» **Problem statement**: Using the records below, give again exactly the lines from the line that contains "BeginsDay t start" through the line that contains "same_week (pos a) (pos", both ends included, and only those.

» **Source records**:
****************************************

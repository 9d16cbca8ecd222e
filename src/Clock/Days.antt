-- ===== src/Clock/Days.antt =====
-- src/deps/xtime/time.go: where a day begins, and when a day is over.
use heli.Common.{
  ℕ, zero, suc, ◌+◌, ◌-◌, ◌*◌, ◌%◌, ◌^◌, ◌<◌, ℤ, pos, negsuc, pos_part, neg_part, ltb_ℤ, eqb_ℤ,
  eqb_ℤ_iff, ◌+ℤ◌, ◌-ℤ◌, ◌≤ℤ◌, ◌<ℤ◌, add64, sub64, mul64, mul64_pos, go_laws, Bool, true, false,
  not, ◌≡◌, ◌↔◌, refl, sym, ap, ◌∙◌, arith, if◌then◌else◌,
}
use heli.Clock.{
  day_sec, negated, rem, get_day_zero_unix_with_zone, get_day_zero_unix_with_zone_and_offset,
  check_daily_fresh_with_offset, check_weekly_fresh_with_offset, weekday,
  get_week_zero_unix_with_zone_and_offset,
}

-- The seconds since the day began, for a time in the zone.
abbrev pub since : ℤ → ℕ
since (pos n) = n % 86400
since (negsuc n) = 86399 - n % 86400

abbrev Within : ℕ → ℤ → Type 0
Within bound z = (pos_part z < neg_part z + bound) × (neg_part z < pos_part z + bound)

-- Far from the bounds of an int64.
abbrev pub Near : ℤ → Type 0
Near z = Within (2 ^ 60) z

abbrev not_negative : ℤ → ℤ
not_negative r = if ltb_ℤ r (pos 0) then add64 r (pos day_sec) else r

fixed_negated : (m : ℕ) → m < 86400 → not_negative (negated m) ≡ pos ((86400 - m) % 86400)
fixed_negated zero h = refl
fixed_negated (suc k) h =
    let down : negated (suc k) ≡ negsuc k = ground arith in
    let e : add64 (negsuc k) (pos 86400) ≡ pos ((86400 - suc k) % 86400) = omega go_laws in
    let neg : ltb_ℤ (negsuc k) (pos 0) ≡ true = ground arith in rw (down, neg) e

fixed_rem : (z : ℤ) → not_negative (rem z day_sec) ≡ pos (since z)
fixed_rem (pos n) = ground arith
fixed_rem (negsuc n) = fixed_negated (suc n % 86400) (omega arith) ∙ ap pos (omega arith)

since-lt : (z : ℤ) → since z < 86400
since-lt (pos n) = omega arith
since-lt (negsuc n) = omega arith

zero_with_zone :
    (ts zone : ℤ)
    → Within (2 ^ 61) ts
    → Near zone
    → get_day_zero_unix_with_zone ts zone ≡ ts -ℤ pos (since (ts +ℤ zone))
unfolding get_day_zero_unix_with_zone
zero_with_zone ts zone near_ts near_zone =
    let shifted : add64 ts zone ≡ ts +ℤ zone = omega go_laws in
    let small = since-lt (ts +ℤ zone) in rw (shifted, fixed_rem (ts +ℤ zone)) (omega go_laws)

abbrev begin_of_day : ℤ → ℤ
begin_of_day z = z -ℤ pos (since z)

same_day :
    (a b : ℤ)
    → begin_of_day b ≤ℤ a
    → a <ℤ (begin_of_day b +ℤ pos 86400)
    → begin_of_day a ≡ begin_of_day b
same_day (pos a) (pos b) low high = omega go_laws
same_day (pos a) (negsuc b) low high = omega go_laws
same_day (negsuc a) (pos b) low high = omega go_laws
same_day (negsuc a) (negsuc b) low high = omega go_laws

-- `now` is in the period of that length that begins at `start`.
abbrev pub InPeriod : ℤ → ℤ → ℕ → Type 0
InPeriod now start length = (start ≤ℤ now) × (now <ℤ (start +ℤ pos length))

-- `start` is at midnight by the zone's clock put back by the offset, and `t` is in the day that begins there.
abbrev pub BeginsDay : ℤ → ℤ → ℤ → ℤ → Type 0
BeginsDay t start zone offset = InPeriod t start 86400 × (since ((start +ℤ zone) -ℤ offset) ≡ 0)

-- The same of a week, which begins with a Monday.
abbrev pub BeginsWeek : ℤ → ℤ → ℤ → ℤ → Type 0
BeginsWeek t start zone offset =
    InPeriod t start 604800
    × (since ((start +ℤ zone) -ℤ offset) ≡ 0)
    × (weekday ((start +ℤ zone) -ℤ offset) ≡ 1)

since_week : ℤ → ℕ
since_week z = since z + 86400 * ((weekday z + 6) % 7)

week_mod : (z : ℤ) → since_week z < 604800
unfolding since_week
week_mod z = omega (arith, since-lt)

same_week :
    (a b : ℤ)
    → (b -ℤ pos (since_week b)) ≤ℤ a
    → a <ℤ ((b -ℤ pos (since_week b)) +ℤ pos 604800)
    → (a -ℤ pos (since_week a)) ≡ (b -ℤ pos (since_week b))
unfolding since_week
same_week (pos a) (pos b) low high = omega go_laws
same_week (pos a) (negsuc b) low high = omega go_laws
same_week (negsuc a) (pos b) low high = omega go_laws
same_week (negsuc a) (negsuc b) low high = omega go_laws

day_zero :
    (ts zone offset : ℤ)
    → Near ts
    → Near zone
    → Near offset
    → get_day_zero_unix_with_zone_and_offset ts zone offset
      ≡ ts -ℤ pos (since ((ts +ℤ zone) -ℤ offset))
unfolding get_day_zero_unix_with_zone_and_offset
day_zero ts zone offset near_ts near_zone near_offset =
    let early : sub64 ts offset ≡ ts -ℤ offset = omega go_laws in
    let order : (ts -ℤ offset) +ℤ zone ≡ (ts +ℤ zone) -ℤ offset = omega go_laws in
    let small = since-lt ((ts +ℤ zone) -ℤ offset) in
    let zero = zero_with_zone (ts -ℤ offset) zone (omega go_laws, omega go_laws) near_zone in
    rw (early, zero, order) (omega go_laws)

week_zero :
    (ts zone offset : ℤ)
    → Near ts
    → Near zone
    → Near offset
    → get_week_zero_unix_with_zone_and_offset ts zone offset
      ≡ ts -ℤ pos (since_week ((ts +ℤ zone) -ℤ offset))
unfolding get_week_zero_unix_with_zone_and_offset since_week
week_zero ts zone offset near_ts near_zone near_offset =
    let shift : sub64 (add64 ts zone) offset ≡ (ts +ℤ zone) -ℤ offset = omega go_laws in
    let small = since-lt ((ts +ℤ zone) -ℤ offset) in
    let days = (weekday ((ts +ℤ zone) -ℤ offset) + 6) % 7 in
    let back : mul64 (pos days) (pos 86400) ≡ pos (days * 86400) =
      mul64_pos days 86400 (omega arith) in
    rw (day_zero ts zone offset near_ts near_zone near_offset, shift, back) (omega go_laws)

not-false : (b : Bool) → not b ≡ false → b ≡ true
not-false false h = sym h
not-false true h = refl

-- `s` and `t` are what has gone by of the periods of `now` and `last`, both on the zone's clock.
same_start_iff :
    (now last zone offset : ℤ)
    → (length s t : ℕ) → s < length
    → ((((last +ℤ zone) -ℤ offset) -ℤ pos t) ≤ℤ ((now +ℤ zone) -ℤ offset)
        → ((now +ℤ zone) -ℤ offset) <ℤ ((((last +ℤ zone) -ℤ offset) -ℤ pos t) +ℤ pos length)
        → (((now +ℤ zone) -ℤ offset) -ℤ pos s) ≡ (((last +ℤ zone) -ℤ offset) -ℤ pos t))
    → (not (eqb_ℤ (now -ℤ pos s) (last -ℤ pos t)) ≡ false)
      ↔ (((last -ℤ pos t) ≤ℤ now) × (now <ℤ ((last -ℤ pos t) +ℤ pos length)))
same_start_iff now last zone offset length s t small same =
    let (to, from) = eqb_ℤ_iff (now -ℤ pos s) (last -ℤ pos t) in
    let parts : now -ℤ pos s ≡ last -ℤ pos t
        → ((last -ℤ pos t) ≤ℤ now) × (now <ℤ ((last -ℤ pos t) +ℤ pos length)) =
      λ e. let p = ap pos_part e in let n = ap neg_part e in (omega go_laws, omega go_laws) in
    (
      λ e. parts (to (not-false (eqb_ℤ (now -ℤ pos s) (last -ℤ pos t)) e)),
      λ (low, high).
          let e = same (omega go_laws) (omega go_laws) in
          let p = ap pos_part e in let n = ap neg_part e in ap not (from (omega go_laws)),
    )

-- The begin of a day, and of a week, on the zone's clock.
day_begins : (a z : ℤ) → pos_part z + neg_part a + since a ≡ neg_part z + pos_part a → since z ≡ 0
day_begins (pos a) (pos z) e = omega arith
day_begins (pos a) (negsuc z) e = omega arith
day_begins (negsuc a) (pos z) e = omega arith
day_begins (negsuc a) (negsuc z) e = omega arith

week_begins :
    (a z : ℤ)
    → pos_part z + neg_part a + since_week a ≡ neg_part z + pos_part a
    → (since z ≡ 0) × (weekday z ≡ 1)
unfolding since_week
week_begins (pos a) (pos z) e = (omega arith, omega arith)
week_begins (pos a) (negsuc z) e = (omega arith, omega arith)
week_begins (negsuc a) (pos z) e = (omega arith, omega arith)
week_begins (negsuc a) (negsuc z) e = (omega arith, omega arith)

-- For times, a zone and an offset far from the bounds of an int64: the daily check is false exactly when
-- `now` is in the 86,400 seconds that begin at the last time's day, and the weekly check exactly when it is
-- in the seven days that begin at the last time's week. The last time is itself in both, and both begin at
-- midnight by the zone's clock put back by the offset, the week on a Monday.
pub checks_exact :
    (zone last now offset : ℤ)
    → Near zone
    → Near last
    → Near now
    → Near offset
    → ((check_daily_fresh_with_offset zone last now offset ≡ false)
        ↔ InPeriod now (get_day_zero_unix_with_zone_and_offset last zone offset) 86400)
      × ((check_weekly_fresh_with_offset zone last now offset ≡ false)
          ↔ InPeriod now (get_week_zero_unix_with_zone_and_offset last zone offset) 604800)
      × BeginsDay last (get_day_zero_unix_with_zone_and_offset last zone offset) zone offset
      × BeginsWeek last (get_week_zero_unix_with_zone_and_offset last zone offset) zone offset
unfolding check_daily_fresh_with_offset check_weekly_fresh_with_offset
checks_exact zone last now offset near_zone near_last near_now near_offset =
    let a = (now +ℤ zone) -ℤ offset in
    let b = (last +ℤ zone) -ℤ offset in
    (
      rw
          (
            day_zero now zone offset near_now near_zone near_offset,
            day_zero last zone offset near_last near_zone near_offset,
          )
          (same_start_iff now last zone offset 86400 (since a) (since b) (since-lt a)
            (same_day a b)),
      rw
          (
            week_zero now zone offset near_now near_zone near_offset,
            week_zero last zone offset near_last near_zone near_offset,
          )
          (same_start_iff now last zone offset 604800 (since_week a) (since_week b) (week_mod a)
            (same_week a b)),
      rw (day_zero last zone offset near_last near_zone near_offset) (
        (omega (go_laws, since-lt b), omega (go_laws, since-lt b)),
        day_begins b (((last -ℤ pos (since b)) +ℤ zone) -ℤ offset) (omega go_laws),
      ),
      rw (week_zero last zone offset near_last near_zone near_offset) (
          let (midnight, monday) =
            week_begins b (((last -ℤ pos (since_week b)) +ℤ zone) -ℤ offset) (omega go_laws) in
          ((omega (go_laws, week_mod b), omega (go_laws, week_mod b)), midnight, monday)),
    )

****************************************

» **Worked solution**:
BeginsDay t start zone offset = InPeriod t start 86400 × (since ((start +ℤ zone) -ℤ offset) ≡ 0)

-- The same of a week, which begins with a Monday.
abbrev pub BeginsWeek : ℤ → ℤ → ℤ → ℤ → Type 0
BeginsWeek t start zone offset =
    InPeriod t start 604800
    × (since ((start +ℤ zone) -ℤ offset) ≡ 0)
    × (weekday ((start +ℤ zone) -ℤ offset) ≡ 1)

since_week : ℤ → ℕ
since_week z = since z + 86400 * ((weekday z + 6) % 7)

week_mod : (z : ℤ) → since_week z < 604800
unfolding since_week
week_mod z = omega (arith, since-lt)

same_week :
    (a b : ℤ)
    → (b -ℤ pos (since_week b)) ≤ℤ a
    → a <ℤ ((b -ℤ pos (since_week b)) +ℤ pos 604800)
    → (a -ℤ pos (since_week a)) ≡ (b -ℤ pos (since_week b))
unfolding since_week
same_week (pos a) (pos b) low high = omega go_laws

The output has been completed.